§ **Records for the task**
┄┄┄┄┄┄┄┄┄┄
-- ===== src/ToolBroker/Confined.antt =====
-- A path that `relativeFile` of src/broker.ts lets through stays in its workspace.
use agentmixer.Prelude.{
  ℕ, ◌≤◌, String, ◌≡◌, ◌≢◌, Bool, true, false, not, ◌&&◌, List, [], ◌∷◌, arith, all, length, leb,
  All, eq_iff,
}
use agentmixer.Prelude.Result.{ok, require, after_ok, ok_injective}
use mathlib.Core.Path.{subst}
use agentmixer.Validation.Data.{Value}
use agentmixer.Validation.{bounded_text}
use agentmixer.ToolBroker.Paths.{parts, has_backslash, is_part, relative_file}

-- a part that names an entry below its directory
pub record IsBelow (part : String) : Type 0 where
  pub not_empty : part ≢ ""
  pub not_here : part ≢ "."
  pub not_above : part ≢ ".."

module _ (is_letter : ℕ → Bool) where
  is_part_lem : (part : String) → is_part is_letter part ≡ true → IsBelow part
  unfolding is_part
  is_part_lem String.[] h = cc
  is_part_lem (String.◌∷◌ c s) h =
      let whole : String = String.◌∷◌ c s in
      record {
        not_empty = λ e. cc;
        not_here = λ e. ground (arith, eq_iff (String.◌∷◌ c s) ".");
        not_above = λ e. ground (arith, eq_iff (String.◌∷◌ c s) "..");
      }

  all_parts : (ps : List String) → all (is_part is_letter) ps ≡ true → All IsBelow ps
  all_parts [] h = tt
  all_parts (p ∷ ps) h = (is_part_lem p (ground arith), all_parts ps (ground arith))

  -- A path that is let through has at most eight parts between its slashes and no backslash, and
  -- each part is a name: none is empty, so the path is not absolute, and none is "." or "..".
  pub relative_file_confined :
      (v : Value) (path : String)
      → relative_file is_letter v ≡ ok path
      → All IsBelow (parts path) × (length (parts path) ≤ 8) × (has_backslash path ≡ false)
  unfolding relative_file
  relative_file_confined v path h = after_ok (bounded_text v 1024 false) _ h λ text text_ok h.
      after_ok
        (require
          (leb (length (parts text)) 8
            && not (has_backslash text)
            && all (is_part is_letter) (parts text))
          "PATH_OUTSIDE_WORKSPACE")
        _ h
        λ u checked last.
          subst
            (λ (p : String).
              All IsBelow (parts p) × (length (parts p) ≤ 8) × (has_backslash p ≡ false))
            (ok_injective last) (all_parts (parts text) (ground arith), ground arith, ground arith)
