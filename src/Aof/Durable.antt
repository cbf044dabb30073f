-- ===== src/Aof/Durable.antt =====
-- From commands to the file and back: rounds of `Aof::append` and `Aof::flush`, and `Aof::replay`.
use redis_plus.Prelude.{
  ◌≡◌, refl, ap, ◌∙◌, sym, ℕ, Bool, true, false, some, List, [], ◌∷◌, ◌++◌, append_assoc,
  append-nil, ◌<◌, Bytes, length, if◌then◌else◌, arith,
}
use redis_plus.Prelude.Int.{ℤ, two_64}
use redis_plus.Resp.{parse_request}
use redis_plus.Resp.Reply.{encode}
use redis_plus.Commands.Base.{Args}
use redis_plus.Handler.Pipeline.{encode_all, AreSendable}
use redis_plus.Aof.{Aof, flush, FsyncPolicy, replay, done}
use redis_plus.Aof.Replay.{apply_all, replay-encode_all}
use redis_plus.Aof.Flush.{
  append_all, reaches_file, syncs, Holds, Wrote, Holds-append_all, Holds-all, flush_lem,
}

-- One turn of the event loop: commands are appended, then the log is flushed at a time, when the C
-- library hands so many bytes to the operating system by itself.
pub record Turn : Type 0 where
  pub commands : List Args
  pub now : ℤ
  pub through : ℕ

-- every byte of the buffer is taken
unfoldable pub turn : Turn → Aof → Bool × Aof
turn t a =
    let b = append_all t.commands a in
    flush t.now (record { taken = length b.buffer; through = t.through }) b

unfoldable pub turns : List Turn → Aof → Aof
turns [] a = a
turns (t ∷ rest) a = turns rest (turn t a).1

unfoldable pub commands_of : List Turn → List Args
commands_of [] = []
commands_of (t ∷ rest) = t.commands ++ commands_of rest

turn_lem :
    (text : Bytes) (t : Turn) (a : Aof)
    → AreSendable t.commands
    → Holds text a
    → (c : Aof) × (turn t a ≡ (true, c))
      × Wrote a.policy t.now a.last_fsync_ms a.disk (text ++ encode_all t.commands) c
unfolding turn
turn_lem text t a s h =
    let (b, e, held, p, d, l) = Holds-append_all text t.commands a s h in
    let (c, flushed, wrote) = flush_lem t.now t.through (text ++ encode_all t.commands) b held in
    (c, rw e at flushed, rw (p, d, l) at wrote)

encode_all-append : (xs ys : List Args) → encode_all (xs ++ ys) ≡ encode_all xs ++ encode_all ys
unfolding encode_all
encode_all-append [] ys = refl
encode_all-append (x ∷ xs) ys =
    ap (λ k. encode x ++ k) (encode_all-append xs ys)
    ∙ sym (append_assoc (encode x) (encode_all xs) (encode_all ys))

AreSendable-append : (xs ys : List Args) → AreSendable (xs ++ ys) → AreSendable xs × AreSendable ys
AreSendable-append [] ys s = (tt, s)
AreSendable-append (x ∷ xs) ys (s, ss) =
    let (here, there) = AreSendable-append xs ys ss in ((s, here), there)

-- a log that held nothing before, after turns: `text` is what it holds
record Ran (text : Bytes) (a c : Aof) : Type 0 where
  holds : Holds text c
  same_policy : c.policy ≡ a.policy
  no_sync : syncs a.policy ≡ false → c.disk ≡ a.disk

turns_lem :
    (text : Bytes) (ts : List Turn) (a : Aof)
    → AreSendable (commands_of ts)
    → Holds text a
    → Ran (text ++ encode_all (commands_of ts)) a (turns ts a)
unfolding turns commands_of encode_all
turns_lem text [] a s h = record {
  holds = rw append-nil h;
  same_policy = refl;
  no_sync = λ k. refl;
}
turns_lem text (t ∷ ts) a s h =
    let (here, there) = AreSendable-append t.commands (commands_of ts) s in
    let (c, e, wrote) = turn_lem text t a here h in
    let ran = turns_lem (text ++ encode_all t.commands) ts c there wrote.holds in
    let same : (turn t a).1 ≡ c = ap (λ (r : Bool × Aof). r.1) e in
    let whole =
      append_assoc text (encode_all t.commands) (encode_all (commands_of ts))
      ∙ ap (λ k. text ++ k) (sym (encode_all-append t.commands (commands_of ts))) in
    rw same (record {
      holds = rw whole at ran.holds;
      same_policy = ran.same_policy ∙ wrote.same_policy;
      no_sync = λ k. ran.no_sync (ap syncs wrote.same_policy ∙ k) ∙ wrote.no_sync k;
    })

-- what is on the disk in the end, by the policy
disk_after :
    {policy q : FsyncPolicy} {disk disk1 disk2 text all : Bytes}
    → disk2 ≡ (if syncs q then text else disk1)
    → q ≡ policy
    → text ≡ all
    → (syncs policy ≡ false → disk1 ≡ disk)
    → disk2 ≡ (if syncs policy then all else disk)
disk_after {policy} h p t quiet = let k = rw p at h in ground (arith, quiet, t, k)

-- A log that is open with nothing in it takes turns of the event loop, each at any time and with
-- any commands appended and then flushed, every byte being taken: after them the file, what the C
-- library holds and the buffer are together exactly the encoded commands in order. If the flush
-- of one turn more leaves nothing with the C library (the policy is always or no, or a second has
-- passed since the last fsync), it succeeds, the file replays as exactly the commands of all the
-- turns in order, with nothing torn, and what fsync has put on the disk is that file, or what was
-- there before the turns if the policy is no. The commands are within the limits and fewer than 2
-- ^ 64.
pub replay-flush :
    {W : Type 0} (apply : Args → W → W) (earlier : List Turn) (last : Turn) (a : Aof) (w : W)
    → AreSendable (commands_of earlier ++ last.commands)
    → length (commands_of earlier ++ last.commands) < two_64
    → a.file ≡ some []
    → a.stdio ≡ []
    → a.buffer ≡ []
    → reaches_file a.policy last.now (turns earlier a).last_fsync_ms ≡ true
    → let all = commands_of earlier ++ last.commands in
      (held : Bytes) × ((turns earlier a).file ≡ some held)
      × (held ++ ((turns earlier a).stdio ++ (turns earlier a).buffer)
          ≡ encode_all (commands_of earlier))
      × (c : Aof) × (turn last (turns earlier a) ≡ (true, c))
      × (replay apply c.file w ≡ some (done (length all) 0 (apply_all apply all w)))
      × (c.disk ≡ (if syncs a.policy then encode_all all else a.disk))
replay-flush apply earlier last a w s count fresh nothing clean due =
    let all = commands_of earlier ++ last.commands in
    let (before, now) = AreSendable-append (commands_of earlier) last.commands s in
    let ran = turns_lem [] earlier a before (Holds-all [] a fresh nothing clean) in
    let (c, e, wrote) =
      turn_lem (encode_all (commands_of earlier)) last (turns earlier a) now ran.holds in
    let reached =
      ap (λ q. reaches_file q last.now (turns earlier a).last_fsync_ms) ran.same_policy ∙ due in
    let text = sym (encode_all-append (commands_of earlier) last.commands) in
    let file : c.file ≡ some (encode_all all ++ []) =
      wrote.whole_file reached ∙ ap some (text ∙ sym (append-nil (encode_all all))) in
    (
      ran.holds.held,
      ran.holds.is_there,
      ran.holds.whole,
      c,
      e,
      rw file (replay-encode_all apply all [] w s (unfold parse_request in refl) count),
      disk_after (wrote.whole_disk reached) ran.same_policy text ran.no_sync,
    )
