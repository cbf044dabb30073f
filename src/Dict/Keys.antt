-- ===== src/Dict/Keys.antt =====
-- Tables that hold each key once.
use redis_plus.Prelude.{
  ◌+◌, ◌≡◌, none, [], ◌∷◌, Bytes, beq_iff, beq_refl, All, All-map, some, length, has_value,
  if◌then◌else◌, arith,
}
use redis_plus.Dict.{Dict, find, insert, erase, find-nil, find-insert, find-erase}

module _ {ℓ} {V : Type ℓ} where
  abbrev pub NodupKeys : Dict V → Type ℓ
  NodupKeys [] = Unit
  NodupKeys ((k, v) ∷ m) = (find k m ≡ none) × NodupKeys m

  pub insert-NodupKeys : (k : Bytes) (v : V) (m : Dict V) → NodupKeys m → NodupKeys (insert k v m)
  unfolding insert
  insert-NodupKeys k v [] h = (find-nil k, tt)
  insert-NodupKeys k v ((j, w) ∷ m) (a, h) =
      ground (arith, beq_iff j k, beq_iff k j, find-insert k j v m, insert-NodupKeys k v m h)

  pub erase-NodupKeys : (k : Bytes) (m : Dict V) → NodupKeys m → NodupKeys (erase k m)
  unfolding erase
  erase-NodupKeys k [] h = tt
  erase-NodupKeys k ((j, w) ∷ m) (a, h) = ground (arith, find-erase k j m, erase-NodupKeys k m h)

  -- Erasing a key that is there removes exactly one entry.
  pub length-erase :
      (k : Bytes) (m : Dict V)
      → NodupKeys m
      → length (erase k m) + (if has_value (find k m) then 1 else 0) ≡ length m
  unfolding erase find
  length-erase k [] h = omega arith
  length-erase k ((j, w) ∷ m) (a, h) = ground (arith, beq_iff j k, length-erase k m h)

  -- Each entry of the table is the one that its key finds.
  pub find_entries : (m : Dict V) → NodupKeys m → All (λ (e : Bytes × V). find e.0 m ≡ some e.1) m
  unfolding find
  find_entries [] h = tt
  find_entries ((k, v) ∷ m) (a, h) =
      (rw beq_refl, All-map m (λ e found. ground (arith, beq_iff k e.0)) (find_entries m h))
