-- ===== src/Store/View.antt =====
-- What a client can see of a store: the live keys, their values and their deadlines. Each method is
-- specified by what it does to that view, and refines its specification.
use redis_plus.Prelude.{
  ◌≡◌, Bool, true, false, Option, none, some, Bytes, beq, beq_iff, has_value, if◌then◌else◌, arith,
}
use redis_plus.Prelude.Int.{ℤ, negsuc, eq_ℤ}
use redis_plus.Dict
use redis_plus.Store.{
  Store, no_expiry, past, remaining, is_expired, remove, reap_lazily, get, set, erase, pttl,
  expire_at, persist,
}

-- A value, and its deadline if it has one.
abbrev pub Held : Type 0
Held = Bytes × Option ℤ

abbrev pub alive : ℤ → Option Bytes → Option ℤ → Option Held
alive now none deadline = none
alive now (some value) deadline = if past now deadline then none else some (value, deadline)

unfoldable pub view : Store → Bytes → Option Held
view s key = alive s.clock (Dict.find key s.map) (Dict.find key s.expires)

-- the answer of GET, of PTTL and of PERSIST for a key that is seen so
abbrev pub value_of : Option Held → Option Bytes
value_of none = none
value_of (some (value, deadline)) = some value

abbrev pub ttl_of : ℤ → Option Held → ℤ
ttl_of now none = negsuc 1
ttl_of now (some (value, deadline)) = remaining deadline now

abbrev pub has_deadline : Option Held → Bool
has_deadline none = false
has_deadline (some (value, deadline)) = has_value deadline

-- the key as it is seen after a new deadline, and after PERSIST
abbrev pub redated : ℤ → ℤ → Option Held → Option Held
redated now deadline none = none
redated now deadline (some (value, old)) = alive now (some value) (some deadline)

abbrev pub undated : Option Held → Option Held
undated none = none
undated (some (value, deadline)) = some (value, none)

abbrev pub deadline_of : ℤ → Option ℤ
deadline_of deadline = if eq_ℤ deadline no_expiry then none else some deadline

module _ (key : Bytes) (s : Store) where
  -- Reaping a dead key changes nothing that can be seen.
  pub view-reap_lazily :
      (j : Bytes) → is_expired key s ≡ true → view (reap_lazily key s) j ≡ view s j
  unfolding view remove is_expired
  view-reap_lazily j h =
      ground (arith, beq_iff key j, Dict.find-erase key j s.map, Dict.find-erase key j s.expires)

  -- `get` answers with the value that is seen, and changes nothing that is seen.
  pub get_refines :
      (j : Bytes) → ((get key s).0 ≡ value_of (view s key)) × (view (get key s).1 j ≡ view s j)
  unfolding get view remove is_expired
  get_refines j =
      ground (arith, beq_iff key j, Dict.find-erase key j s.map, Dict.find-erase key j s.expires)

  -- After set its key is seen with the new value and exactly the new deadline, unless that is
  -- past, and the other keys as before.
  pub set_refines :
      (value : Bytes) (deadline : ℤ) (j : Bytes)
      → view (set key value deadline s) j
        ≡ (if beq key j then alive s.clock (some value) (deadline_of deadline) else view s j)
  unfolding set view
  set_refines value deadline j = ground (
    arith,
    beq_iff key j,
    Dict.find-insert key j value s.map,
    Dict.find-insert key j deadline s.expires,
    Dict.find-erase key j s.expires,
  )

  -- erase says whether the key was seen, and takes it away; the other keys are seen as before.
  pub erase_refines :
      (j : Bytes)
      → ((erase key s).0 ≡ has_value (view s key))
        × (view (erase key s).1 j ≡ (if beq key j then none else view s j))
  unfolding erase view remove is_expired
  erase_refines j =
      ground (arith, beq_iff key j, Dict.find-erase key j s.map, Dict.find-erase key j s.expires)

  -- `pttl` answers -2 for no key, -1 for no deadline, else the time left, and changes no view.
  pub pttl_refines :
      (j : Bytes)
      → ((pttl key s).0 ≡ ttl_of s.clock (view s key)) × (view (pttl key s).1 j ≡ view s j)
  unfolding pttl view remove is_expired
  pttl_refines j =
      ground (arith, beq_iff key j, Dict.find-erase key j s.map, Dict.find-erase key j s.expires)

  -- expire_at says whether the key was seen, and the key is then seen with the new deadline, or
  -- not at all if that is past; the other keys are seen as before.
  pub expire_at_refines :
      (deadline : ℤ) (j : Bytes)
      → ((expire_at key deadline s).0 ≡ has_value (view s key))
        × (view (expire_at key deadline s).1 j
            ≡ (if beq key j then redated s.clock deadline (view s key) else view s j))
  unfolding expire_at view remove is_expired
  expire_at_refines deadline j = ground (
    arith,
    beq_iff key j,
    Dict.find-erase key j s.map,
    Dict.find-insert key j deadline s.expires,
    Dict.find-erase key j s.expires,
  )

  -- persist says whether the key was seen with a deadline, and takes the deadline away; the other
  -- keys are seen as before.
  pub persist_refines :
      (j : Bytes)
      → ((persist key s).0 ≡ has_deadline (view s key))
        × (view (persist key s).1 j ≡ (if beq key j then undated (view s key) else view s j))
  unfolding persist view remove is_expired
  persist_refines j =
      ground (arith, beq_iff key j, Dict.find-erase key j s.map, Dict.find-erase key j s.expires)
┄┄┄┄┄┄┄┄┄┄
§ **Exercise**
Reproduce word for word the material above, beginning with the line that contains "-- any commands" and ending with the line that contains "-- turns in".

§ **Final answer**
-- any commands appended and then flushed, every byte being taken: after them the file, what the C
-- library holds and the buffer are together exactly the encoded commands in order. If the flush
-- of one turn more leaves nothing with the C library (the policy is always or no, or a second has
-- passed since the last fsync), it succeeds, the file replays as exactly the commands of all the
-- turns in order, with nothing torn, and what fsync has put on the disk is that file, or what was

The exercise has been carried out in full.